Requirement
When the line containing "bytes_to_do at count" appears in the data below, begin copying there and stop only after the line containing "what is left".

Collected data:
******************************

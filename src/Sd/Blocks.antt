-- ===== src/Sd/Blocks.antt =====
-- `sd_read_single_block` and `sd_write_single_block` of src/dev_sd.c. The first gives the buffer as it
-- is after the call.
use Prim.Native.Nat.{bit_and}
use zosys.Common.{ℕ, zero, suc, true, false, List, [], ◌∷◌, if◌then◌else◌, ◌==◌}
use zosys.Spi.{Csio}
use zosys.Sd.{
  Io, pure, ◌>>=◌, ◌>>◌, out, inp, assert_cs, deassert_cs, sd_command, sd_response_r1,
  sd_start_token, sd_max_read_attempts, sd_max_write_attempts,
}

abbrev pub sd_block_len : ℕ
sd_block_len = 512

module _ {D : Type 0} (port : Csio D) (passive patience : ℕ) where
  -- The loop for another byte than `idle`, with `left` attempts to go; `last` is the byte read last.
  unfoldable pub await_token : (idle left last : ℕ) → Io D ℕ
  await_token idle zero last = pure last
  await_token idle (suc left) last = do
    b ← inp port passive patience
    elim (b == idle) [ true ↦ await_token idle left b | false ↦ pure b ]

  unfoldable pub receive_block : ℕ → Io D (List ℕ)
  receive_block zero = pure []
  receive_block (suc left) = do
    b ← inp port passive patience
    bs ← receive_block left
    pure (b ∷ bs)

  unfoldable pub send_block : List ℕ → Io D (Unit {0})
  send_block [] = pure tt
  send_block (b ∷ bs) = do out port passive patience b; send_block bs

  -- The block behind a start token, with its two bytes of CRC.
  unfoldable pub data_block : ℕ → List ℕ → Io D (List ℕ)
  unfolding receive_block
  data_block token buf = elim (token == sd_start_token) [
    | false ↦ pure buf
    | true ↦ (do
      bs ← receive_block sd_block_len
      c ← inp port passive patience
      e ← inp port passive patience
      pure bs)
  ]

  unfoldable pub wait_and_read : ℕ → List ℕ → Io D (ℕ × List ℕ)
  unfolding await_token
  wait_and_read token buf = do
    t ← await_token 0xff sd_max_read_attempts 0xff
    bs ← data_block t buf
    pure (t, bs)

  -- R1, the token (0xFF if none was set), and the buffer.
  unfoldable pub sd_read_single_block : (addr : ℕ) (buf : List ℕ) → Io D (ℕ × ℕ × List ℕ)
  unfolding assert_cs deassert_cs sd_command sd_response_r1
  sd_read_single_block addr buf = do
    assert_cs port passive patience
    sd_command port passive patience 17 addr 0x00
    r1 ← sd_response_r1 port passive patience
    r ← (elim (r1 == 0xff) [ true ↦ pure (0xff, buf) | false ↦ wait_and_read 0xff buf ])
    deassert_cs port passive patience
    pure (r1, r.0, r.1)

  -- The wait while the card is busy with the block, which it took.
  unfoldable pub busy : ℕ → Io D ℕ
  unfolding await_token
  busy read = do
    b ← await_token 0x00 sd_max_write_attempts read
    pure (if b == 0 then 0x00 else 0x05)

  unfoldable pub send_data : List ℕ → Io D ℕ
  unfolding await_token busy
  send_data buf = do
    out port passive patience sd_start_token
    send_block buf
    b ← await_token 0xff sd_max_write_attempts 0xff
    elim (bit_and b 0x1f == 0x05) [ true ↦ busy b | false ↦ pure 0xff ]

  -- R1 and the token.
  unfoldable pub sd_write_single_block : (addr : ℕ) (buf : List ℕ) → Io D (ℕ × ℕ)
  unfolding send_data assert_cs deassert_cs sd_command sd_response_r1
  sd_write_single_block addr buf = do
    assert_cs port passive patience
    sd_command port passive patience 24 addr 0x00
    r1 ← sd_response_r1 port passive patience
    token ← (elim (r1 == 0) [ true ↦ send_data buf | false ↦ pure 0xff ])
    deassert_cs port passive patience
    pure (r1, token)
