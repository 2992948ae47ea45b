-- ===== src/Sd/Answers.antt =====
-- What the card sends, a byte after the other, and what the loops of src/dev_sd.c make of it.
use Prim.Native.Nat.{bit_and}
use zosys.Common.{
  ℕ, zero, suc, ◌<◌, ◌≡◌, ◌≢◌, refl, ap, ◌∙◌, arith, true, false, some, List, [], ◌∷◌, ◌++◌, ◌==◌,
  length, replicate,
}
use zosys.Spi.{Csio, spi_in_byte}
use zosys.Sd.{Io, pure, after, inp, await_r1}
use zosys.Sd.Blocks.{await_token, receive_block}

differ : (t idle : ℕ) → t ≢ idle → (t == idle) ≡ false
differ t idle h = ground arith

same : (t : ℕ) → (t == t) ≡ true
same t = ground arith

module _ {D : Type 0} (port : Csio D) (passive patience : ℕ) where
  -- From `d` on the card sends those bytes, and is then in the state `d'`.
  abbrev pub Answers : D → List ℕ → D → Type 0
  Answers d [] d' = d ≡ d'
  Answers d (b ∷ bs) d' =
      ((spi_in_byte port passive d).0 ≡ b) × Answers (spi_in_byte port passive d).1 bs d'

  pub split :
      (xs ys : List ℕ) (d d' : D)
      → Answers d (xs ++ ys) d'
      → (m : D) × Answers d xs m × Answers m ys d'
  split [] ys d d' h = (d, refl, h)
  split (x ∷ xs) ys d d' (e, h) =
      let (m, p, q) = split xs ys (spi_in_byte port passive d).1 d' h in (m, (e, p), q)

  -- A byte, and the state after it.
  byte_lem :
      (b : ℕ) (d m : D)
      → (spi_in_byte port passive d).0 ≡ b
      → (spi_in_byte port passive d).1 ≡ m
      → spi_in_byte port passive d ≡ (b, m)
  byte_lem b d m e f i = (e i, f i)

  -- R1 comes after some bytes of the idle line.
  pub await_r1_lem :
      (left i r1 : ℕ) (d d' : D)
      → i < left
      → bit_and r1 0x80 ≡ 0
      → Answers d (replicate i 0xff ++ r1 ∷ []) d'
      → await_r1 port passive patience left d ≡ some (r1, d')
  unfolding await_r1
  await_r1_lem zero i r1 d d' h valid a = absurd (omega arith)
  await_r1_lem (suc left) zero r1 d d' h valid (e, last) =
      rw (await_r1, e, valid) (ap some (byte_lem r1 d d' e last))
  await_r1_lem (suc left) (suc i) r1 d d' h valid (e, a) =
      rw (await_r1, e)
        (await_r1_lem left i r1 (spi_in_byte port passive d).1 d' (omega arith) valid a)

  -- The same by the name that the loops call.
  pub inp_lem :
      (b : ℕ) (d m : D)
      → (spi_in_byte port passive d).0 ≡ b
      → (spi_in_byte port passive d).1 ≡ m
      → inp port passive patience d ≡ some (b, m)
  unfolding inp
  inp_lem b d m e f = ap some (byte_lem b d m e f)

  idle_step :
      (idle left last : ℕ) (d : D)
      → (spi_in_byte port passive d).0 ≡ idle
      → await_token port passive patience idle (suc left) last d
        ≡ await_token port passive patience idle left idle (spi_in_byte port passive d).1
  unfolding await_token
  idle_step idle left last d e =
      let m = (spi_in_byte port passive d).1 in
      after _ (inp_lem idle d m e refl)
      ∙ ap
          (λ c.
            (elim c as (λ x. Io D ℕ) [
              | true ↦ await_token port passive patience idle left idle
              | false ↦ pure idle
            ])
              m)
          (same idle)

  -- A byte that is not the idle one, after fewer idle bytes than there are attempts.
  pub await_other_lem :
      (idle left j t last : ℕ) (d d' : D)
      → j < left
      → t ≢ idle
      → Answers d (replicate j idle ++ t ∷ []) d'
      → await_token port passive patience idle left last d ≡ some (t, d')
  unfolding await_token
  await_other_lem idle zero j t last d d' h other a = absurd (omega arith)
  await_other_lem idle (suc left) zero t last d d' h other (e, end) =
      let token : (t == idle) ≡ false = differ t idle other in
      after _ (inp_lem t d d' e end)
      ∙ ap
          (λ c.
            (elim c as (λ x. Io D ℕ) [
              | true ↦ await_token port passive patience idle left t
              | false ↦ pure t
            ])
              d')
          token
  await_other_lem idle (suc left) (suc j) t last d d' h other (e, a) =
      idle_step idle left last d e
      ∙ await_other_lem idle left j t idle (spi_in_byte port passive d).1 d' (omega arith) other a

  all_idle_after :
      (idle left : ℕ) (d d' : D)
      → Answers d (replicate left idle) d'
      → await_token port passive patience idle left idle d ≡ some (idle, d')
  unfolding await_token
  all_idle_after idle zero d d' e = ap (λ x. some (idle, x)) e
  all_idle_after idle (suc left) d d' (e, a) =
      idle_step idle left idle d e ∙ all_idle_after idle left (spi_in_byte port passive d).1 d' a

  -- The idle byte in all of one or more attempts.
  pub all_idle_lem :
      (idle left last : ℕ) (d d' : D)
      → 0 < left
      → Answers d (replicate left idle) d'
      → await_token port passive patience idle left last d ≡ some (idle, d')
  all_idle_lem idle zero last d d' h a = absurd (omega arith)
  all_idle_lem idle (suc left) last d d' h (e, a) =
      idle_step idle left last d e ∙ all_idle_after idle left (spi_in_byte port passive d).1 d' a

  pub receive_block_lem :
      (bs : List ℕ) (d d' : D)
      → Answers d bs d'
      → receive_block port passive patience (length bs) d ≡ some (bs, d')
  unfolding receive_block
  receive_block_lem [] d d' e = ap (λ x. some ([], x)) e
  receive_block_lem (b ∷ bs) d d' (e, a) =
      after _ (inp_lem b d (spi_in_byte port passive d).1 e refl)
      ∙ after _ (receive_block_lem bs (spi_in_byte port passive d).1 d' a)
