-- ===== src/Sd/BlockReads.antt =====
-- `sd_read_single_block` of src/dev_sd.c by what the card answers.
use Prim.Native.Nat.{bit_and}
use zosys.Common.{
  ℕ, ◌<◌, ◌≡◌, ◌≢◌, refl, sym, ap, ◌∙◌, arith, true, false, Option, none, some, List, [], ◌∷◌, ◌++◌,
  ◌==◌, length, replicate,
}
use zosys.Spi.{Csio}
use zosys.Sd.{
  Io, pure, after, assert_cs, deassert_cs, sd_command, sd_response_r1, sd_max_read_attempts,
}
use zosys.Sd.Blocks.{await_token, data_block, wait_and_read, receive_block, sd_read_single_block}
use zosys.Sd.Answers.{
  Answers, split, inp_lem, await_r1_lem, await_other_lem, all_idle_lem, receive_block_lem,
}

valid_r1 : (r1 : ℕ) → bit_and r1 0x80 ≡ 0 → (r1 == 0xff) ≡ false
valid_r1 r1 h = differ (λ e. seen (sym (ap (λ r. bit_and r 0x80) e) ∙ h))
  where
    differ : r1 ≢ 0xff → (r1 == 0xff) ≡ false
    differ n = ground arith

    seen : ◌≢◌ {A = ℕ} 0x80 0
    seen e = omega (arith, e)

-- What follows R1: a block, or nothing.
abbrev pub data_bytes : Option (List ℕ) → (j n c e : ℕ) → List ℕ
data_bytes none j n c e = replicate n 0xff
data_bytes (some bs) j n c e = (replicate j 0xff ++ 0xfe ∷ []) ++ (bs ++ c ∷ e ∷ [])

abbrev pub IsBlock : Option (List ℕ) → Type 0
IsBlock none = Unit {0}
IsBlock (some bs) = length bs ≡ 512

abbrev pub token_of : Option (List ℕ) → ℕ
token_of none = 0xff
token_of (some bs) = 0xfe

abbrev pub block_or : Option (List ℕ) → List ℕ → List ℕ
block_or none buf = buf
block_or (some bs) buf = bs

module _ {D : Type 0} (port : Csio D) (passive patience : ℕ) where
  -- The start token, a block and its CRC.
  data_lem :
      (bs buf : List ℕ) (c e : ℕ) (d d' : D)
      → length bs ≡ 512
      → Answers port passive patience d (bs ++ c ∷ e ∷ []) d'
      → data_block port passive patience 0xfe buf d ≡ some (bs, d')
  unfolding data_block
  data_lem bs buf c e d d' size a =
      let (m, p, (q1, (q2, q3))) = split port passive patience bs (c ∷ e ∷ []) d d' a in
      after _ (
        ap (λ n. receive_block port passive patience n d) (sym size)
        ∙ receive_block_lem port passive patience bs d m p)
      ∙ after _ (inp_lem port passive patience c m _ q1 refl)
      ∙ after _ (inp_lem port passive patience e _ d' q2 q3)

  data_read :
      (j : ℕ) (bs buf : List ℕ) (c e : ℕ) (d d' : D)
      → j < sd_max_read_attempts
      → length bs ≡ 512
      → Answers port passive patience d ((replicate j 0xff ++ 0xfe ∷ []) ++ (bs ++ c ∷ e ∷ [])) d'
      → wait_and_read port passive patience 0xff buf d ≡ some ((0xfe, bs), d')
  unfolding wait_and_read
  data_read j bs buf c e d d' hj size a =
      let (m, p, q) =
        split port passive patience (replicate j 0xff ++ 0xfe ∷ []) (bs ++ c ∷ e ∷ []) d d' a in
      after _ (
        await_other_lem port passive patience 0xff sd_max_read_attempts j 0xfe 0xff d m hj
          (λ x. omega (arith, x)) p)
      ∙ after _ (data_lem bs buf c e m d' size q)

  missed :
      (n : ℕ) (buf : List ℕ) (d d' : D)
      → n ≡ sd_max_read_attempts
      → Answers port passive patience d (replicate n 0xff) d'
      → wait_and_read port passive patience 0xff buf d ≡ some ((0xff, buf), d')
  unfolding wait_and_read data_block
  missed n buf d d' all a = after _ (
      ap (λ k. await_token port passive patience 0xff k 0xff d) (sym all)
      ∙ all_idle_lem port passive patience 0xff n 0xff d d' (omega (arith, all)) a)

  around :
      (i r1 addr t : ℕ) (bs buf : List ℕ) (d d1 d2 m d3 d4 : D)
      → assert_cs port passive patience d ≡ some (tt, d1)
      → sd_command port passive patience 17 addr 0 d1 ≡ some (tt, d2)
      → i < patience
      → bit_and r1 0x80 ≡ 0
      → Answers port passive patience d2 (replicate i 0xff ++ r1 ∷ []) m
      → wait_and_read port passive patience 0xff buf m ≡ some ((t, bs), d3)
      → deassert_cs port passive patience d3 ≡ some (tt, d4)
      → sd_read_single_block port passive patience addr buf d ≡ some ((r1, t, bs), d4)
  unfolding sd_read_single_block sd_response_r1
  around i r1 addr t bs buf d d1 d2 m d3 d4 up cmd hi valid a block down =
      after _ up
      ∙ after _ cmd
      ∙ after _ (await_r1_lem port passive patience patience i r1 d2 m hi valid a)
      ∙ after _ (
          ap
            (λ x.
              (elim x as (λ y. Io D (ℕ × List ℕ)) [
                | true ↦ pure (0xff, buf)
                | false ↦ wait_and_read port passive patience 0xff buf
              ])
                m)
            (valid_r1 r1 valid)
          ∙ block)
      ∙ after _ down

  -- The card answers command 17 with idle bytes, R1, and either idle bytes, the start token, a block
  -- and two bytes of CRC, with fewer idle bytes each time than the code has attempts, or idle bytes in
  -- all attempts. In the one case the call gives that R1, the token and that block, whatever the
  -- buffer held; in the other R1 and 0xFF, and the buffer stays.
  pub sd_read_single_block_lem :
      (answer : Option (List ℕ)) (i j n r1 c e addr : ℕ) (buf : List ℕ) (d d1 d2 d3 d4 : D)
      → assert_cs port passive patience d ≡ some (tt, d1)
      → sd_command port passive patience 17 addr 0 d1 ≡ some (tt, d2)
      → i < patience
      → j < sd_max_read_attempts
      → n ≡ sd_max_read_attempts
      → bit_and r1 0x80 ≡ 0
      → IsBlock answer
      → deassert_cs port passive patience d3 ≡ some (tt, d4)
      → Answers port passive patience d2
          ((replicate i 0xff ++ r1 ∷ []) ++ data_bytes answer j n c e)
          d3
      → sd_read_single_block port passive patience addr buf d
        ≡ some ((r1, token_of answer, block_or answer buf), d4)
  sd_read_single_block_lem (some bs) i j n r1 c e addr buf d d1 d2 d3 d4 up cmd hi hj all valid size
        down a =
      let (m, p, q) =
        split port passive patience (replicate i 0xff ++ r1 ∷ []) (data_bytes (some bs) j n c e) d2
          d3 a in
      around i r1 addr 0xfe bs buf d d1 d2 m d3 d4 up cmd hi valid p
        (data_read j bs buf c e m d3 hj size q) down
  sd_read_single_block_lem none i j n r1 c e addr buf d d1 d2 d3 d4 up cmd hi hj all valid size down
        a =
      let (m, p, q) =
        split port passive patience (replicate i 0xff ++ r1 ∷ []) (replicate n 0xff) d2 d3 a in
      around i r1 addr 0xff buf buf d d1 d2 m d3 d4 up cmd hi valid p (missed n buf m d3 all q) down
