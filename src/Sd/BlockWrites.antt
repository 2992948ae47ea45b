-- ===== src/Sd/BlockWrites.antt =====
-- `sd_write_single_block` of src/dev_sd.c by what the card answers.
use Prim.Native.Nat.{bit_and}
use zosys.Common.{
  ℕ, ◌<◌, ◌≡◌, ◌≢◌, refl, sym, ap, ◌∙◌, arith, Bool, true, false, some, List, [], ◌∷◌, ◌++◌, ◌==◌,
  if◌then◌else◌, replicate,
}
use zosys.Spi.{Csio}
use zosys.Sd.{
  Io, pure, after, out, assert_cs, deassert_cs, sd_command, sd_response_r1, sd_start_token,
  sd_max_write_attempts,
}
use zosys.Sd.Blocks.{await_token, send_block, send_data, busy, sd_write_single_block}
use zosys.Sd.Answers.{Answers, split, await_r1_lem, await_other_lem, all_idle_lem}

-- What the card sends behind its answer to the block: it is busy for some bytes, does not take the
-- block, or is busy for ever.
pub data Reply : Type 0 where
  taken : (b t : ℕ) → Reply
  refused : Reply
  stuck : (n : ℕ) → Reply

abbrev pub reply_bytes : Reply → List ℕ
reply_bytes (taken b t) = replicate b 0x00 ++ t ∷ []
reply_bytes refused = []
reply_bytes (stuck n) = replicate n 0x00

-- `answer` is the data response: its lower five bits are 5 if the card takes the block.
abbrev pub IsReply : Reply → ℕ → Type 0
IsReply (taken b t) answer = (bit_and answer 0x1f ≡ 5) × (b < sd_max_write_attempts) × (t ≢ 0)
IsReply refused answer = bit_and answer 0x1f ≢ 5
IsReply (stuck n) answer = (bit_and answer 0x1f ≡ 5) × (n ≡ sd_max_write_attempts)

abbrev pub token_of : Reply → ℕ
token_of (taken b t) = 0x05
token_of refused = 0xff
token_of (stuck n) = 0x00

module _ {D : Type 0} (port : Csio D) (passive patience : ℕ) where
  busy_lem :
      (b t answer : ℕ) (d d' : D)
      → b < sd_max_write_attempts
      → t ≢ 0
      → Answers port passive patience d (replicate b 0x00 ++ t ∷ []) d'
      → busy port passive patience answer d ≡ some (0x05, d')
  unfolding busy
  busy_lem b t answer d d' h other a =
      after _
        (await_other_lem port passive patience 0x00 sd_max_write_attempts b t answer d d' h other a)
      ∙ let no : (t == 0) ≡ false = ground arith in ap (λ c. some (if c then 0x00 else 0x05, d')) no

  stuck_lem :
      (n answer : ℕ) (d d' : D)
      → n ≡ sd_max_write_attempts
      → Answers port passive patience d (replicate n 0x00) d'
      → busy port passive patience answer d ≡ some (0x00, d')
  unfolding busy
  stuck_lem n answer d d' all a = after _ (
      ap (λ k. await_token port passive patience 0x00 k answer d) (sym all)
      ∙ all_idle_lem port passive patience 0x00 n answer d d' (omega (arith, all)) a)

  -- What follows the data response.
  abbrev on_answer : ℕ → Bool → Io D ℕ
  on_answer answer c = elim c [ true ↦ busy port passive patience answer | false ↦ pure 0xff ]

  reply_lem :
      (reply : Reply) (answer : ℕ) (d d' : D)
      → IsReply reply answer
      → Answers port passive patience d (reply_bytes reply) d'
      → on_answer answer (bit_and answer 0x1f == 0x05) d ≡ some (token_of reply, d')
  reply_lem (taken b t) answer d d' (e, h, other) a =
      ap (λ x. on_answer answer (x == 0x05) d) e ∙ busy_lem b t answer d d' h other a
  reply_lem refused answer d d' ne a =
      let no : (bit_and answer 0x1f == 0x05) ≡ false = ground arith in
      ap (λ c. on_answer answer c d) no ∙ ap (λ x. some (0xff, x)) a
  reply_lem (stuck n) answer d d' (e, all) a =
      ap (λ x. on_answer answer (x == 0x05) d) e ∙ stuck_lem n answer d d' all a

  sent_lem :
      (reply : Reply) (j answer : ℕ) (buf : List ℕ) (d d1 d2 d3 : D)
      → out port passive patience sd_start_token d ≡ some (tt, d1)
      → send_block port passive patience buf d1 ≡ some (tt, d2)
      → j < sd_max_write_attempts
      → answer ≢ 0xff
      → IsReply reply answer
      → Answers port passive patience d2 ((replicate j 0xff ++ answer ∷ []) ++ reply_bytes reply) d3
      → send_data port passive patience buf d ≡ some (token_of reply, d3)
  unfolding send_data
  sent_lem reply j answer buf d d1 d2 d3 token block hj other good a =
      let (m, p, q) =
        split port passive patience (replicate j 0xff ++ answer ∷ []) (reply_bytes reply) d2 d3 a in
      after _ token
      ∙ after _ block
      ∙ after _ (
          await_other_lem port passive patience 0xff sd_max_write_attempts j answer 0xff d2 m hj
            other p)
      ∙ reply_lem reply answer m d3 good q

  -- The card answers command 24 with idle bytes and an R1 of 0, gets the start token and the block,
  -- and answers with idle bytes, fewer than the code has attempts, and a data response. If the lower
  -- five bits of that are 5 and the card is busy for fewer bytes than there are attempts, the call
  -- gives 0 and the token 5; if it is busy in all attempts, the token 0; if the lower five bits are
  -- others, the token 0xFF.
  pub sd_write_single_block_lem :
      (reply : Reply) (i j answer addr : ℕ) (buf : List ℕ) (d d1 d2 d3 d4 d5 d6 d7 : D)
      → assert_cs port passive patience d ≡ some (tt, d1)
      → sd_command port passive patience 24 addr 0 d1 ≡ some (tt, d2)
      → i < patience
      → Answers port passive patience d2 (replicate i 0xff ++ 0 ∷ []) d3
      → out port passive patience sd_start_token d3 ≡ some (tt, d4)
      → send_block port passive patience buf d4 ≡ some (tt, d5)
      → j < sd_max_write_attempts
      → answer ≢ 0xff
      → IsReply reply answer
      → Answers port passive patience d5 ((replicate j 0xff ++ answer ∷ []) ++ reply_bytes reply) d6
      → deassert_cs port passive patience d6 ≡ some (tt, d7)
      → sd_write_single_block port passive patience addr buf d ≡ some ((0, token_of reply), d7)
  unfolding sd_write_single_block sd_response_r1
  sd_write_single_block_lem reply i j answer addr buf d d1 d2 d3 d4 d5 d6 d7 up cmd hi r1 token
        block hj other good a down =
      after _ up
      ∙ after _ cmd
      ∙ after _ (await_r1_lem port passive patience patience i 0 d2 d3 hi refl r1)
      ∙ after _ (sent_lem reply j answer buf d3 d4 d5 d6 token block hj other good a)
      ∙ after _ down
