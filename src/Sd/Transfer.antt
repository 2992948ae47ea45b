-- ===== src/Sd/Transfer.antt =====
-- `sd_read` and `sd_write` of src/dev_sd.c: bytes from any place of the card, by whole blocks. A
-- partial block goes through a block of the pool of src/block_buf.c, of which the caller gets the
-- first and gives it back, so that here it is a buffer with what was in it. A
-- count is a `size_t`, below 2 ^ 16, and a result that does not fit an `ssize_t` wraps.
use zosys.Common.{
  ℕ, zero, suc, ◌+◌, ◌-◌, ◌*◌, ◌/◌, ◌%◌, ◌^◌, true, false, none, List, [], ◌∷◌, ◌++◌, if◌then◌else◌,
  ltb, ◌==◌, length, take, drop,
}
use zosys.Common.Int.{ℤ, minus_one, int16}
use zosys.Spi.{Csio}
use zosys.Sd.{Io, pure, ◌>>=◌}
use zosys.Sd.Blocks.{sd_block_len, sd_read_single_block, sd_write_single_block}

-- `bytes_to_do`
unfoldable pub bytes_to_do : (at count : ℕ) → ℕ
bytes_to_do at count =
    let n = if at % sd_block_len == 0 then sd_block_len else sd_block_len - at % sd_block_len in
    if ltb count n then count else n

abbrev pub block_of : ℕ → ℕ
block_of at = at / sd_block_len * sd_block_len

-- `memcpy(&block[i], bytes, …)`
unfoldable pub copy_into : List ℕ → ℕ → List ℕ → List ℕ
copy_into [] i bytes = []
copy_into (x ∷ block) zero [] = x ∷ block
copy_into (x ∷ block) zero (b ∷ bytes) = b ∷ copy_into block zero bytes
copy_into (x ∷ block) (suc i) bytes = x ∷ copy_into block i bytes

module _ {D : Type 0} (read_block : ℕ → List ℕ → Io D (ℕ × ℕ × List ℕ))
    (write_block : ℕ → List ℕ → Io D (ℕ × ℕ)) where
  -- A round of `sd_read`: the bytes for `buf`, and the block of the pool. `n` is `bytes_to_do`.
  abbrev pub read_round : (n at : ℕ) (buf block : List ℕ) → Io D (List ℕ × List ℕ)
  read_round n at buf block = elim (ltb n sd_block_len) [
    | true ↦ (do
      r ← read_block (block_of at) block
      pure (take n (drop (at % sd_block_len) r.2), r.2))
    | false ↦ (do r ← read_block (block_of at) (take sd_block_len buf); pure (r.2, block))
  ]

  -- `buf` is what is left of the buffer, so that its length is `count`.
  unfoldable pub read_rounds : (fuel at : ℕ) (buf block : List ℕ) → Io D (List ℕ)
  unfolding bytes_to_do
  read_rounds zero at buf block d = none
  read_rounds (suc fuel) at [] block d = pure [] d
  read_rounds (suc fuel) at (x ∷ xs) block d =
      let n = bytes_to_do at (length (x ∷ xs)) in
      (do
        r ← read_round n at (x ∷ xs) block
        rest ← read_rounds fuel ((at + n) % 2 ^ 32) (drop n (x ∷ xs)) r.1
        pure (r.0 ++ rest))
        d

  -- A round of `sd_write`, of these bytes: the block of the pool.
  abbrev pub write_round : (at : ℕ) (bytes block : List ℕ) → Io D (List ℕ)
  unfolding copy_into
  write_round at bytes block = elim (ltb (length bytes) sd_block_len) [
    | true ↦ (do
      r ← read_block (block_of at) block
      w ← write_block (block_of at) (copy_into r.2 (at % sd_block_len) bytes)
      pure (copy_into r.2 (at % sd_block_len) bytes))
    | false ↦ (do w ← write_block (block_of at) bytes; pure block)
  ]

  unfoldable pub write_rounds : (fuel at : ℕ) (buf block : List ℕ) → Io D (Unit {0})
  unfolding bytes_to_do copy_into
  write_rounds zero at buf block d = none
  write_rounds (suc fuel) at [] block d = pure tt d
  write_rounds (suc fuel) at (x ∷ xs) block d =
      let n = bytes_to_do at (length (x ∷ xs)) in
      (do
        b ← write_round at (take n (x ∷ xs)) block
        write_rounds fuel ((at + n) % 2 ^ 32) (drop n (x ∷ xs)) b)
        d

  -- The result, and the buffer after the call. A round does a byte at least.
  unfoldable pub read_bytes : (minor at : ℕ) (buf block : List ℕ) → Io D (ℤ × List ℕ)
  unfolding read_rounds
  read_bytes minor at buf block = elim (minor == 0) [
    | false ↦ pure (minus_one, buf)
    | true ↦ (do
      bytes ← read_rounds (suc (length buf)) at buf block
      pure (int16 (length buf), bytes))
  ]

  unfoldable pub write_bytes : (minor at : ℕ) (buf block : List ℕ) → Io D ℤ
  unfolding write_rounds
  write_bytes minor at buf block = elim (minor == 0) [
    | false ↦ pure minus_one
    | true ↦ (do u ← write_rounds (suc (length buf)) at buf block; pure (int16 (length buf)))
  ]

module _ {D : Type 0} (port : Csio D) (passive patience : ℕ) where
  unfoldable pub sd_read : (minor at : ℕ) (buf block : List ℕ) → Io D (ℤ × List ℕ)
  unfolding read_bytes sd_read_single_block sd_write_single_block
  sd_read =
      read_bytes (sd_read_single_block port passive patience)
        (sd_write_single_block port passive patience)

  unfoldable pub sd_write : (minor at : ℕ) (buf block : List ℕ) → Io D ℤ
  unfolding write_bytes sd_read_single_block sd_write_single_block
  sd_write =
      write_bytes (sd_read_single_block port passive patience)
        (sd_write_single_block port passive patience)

******************************

Task solution
bytes_to_do at count =
    let n = if at % sd_block_len == 0 then sd_block_len else sd_block_len - at % sd_block_len in
    if ltb count n then count else n

abbrev pub block_of : ℕ → ℕ
block_of at = at / sd_block_len * sd_block_len

-- `memcpy(&block[i], bytes, …)`
unfoldable pub copy_into : List ℕ → ℕ → List ℕ → List ℕ
copy_into [] i bytes = []
copy_into (x ∷ block) zero [] = x ∷ block
copy_into (x ∷ block) zero (b ∷ bytes) = b ∷ copy_into block zero bytes
copy_into (x ∷ block) (suc i) bytes = x ∷ copy_into block i bytes

module _ {D : Type 0} (read_block : ℕ → List ℕ → Io D (ℕ × ℕ × List ℕ))
    (write_block : ℕ → List ℕ → Io D (ℕ × ℕ)) where
  -- A round of `sd_read`: the bytes for `buf`, and the block of the pool. `n` is `bytes_to_do`.
  abbrev pub read_round : (n at : ℕ) (buf block : List ℕ) → Io D (List ℕ × List ℕ)
  read_round n at buf block = elim (ltb n sd_block_len) [
    | true ↦ (do
      r ← read_block (block_of at) block
      pure (take n (drop (at % sd_block_len) r.2), r.2))
    | false ↦ (do r ← read_block (block_of at) (take sd_block_len buf); pure (r.2, block))
  ]

  -- `buf` is what is left of the buffer, so that its length is `count`.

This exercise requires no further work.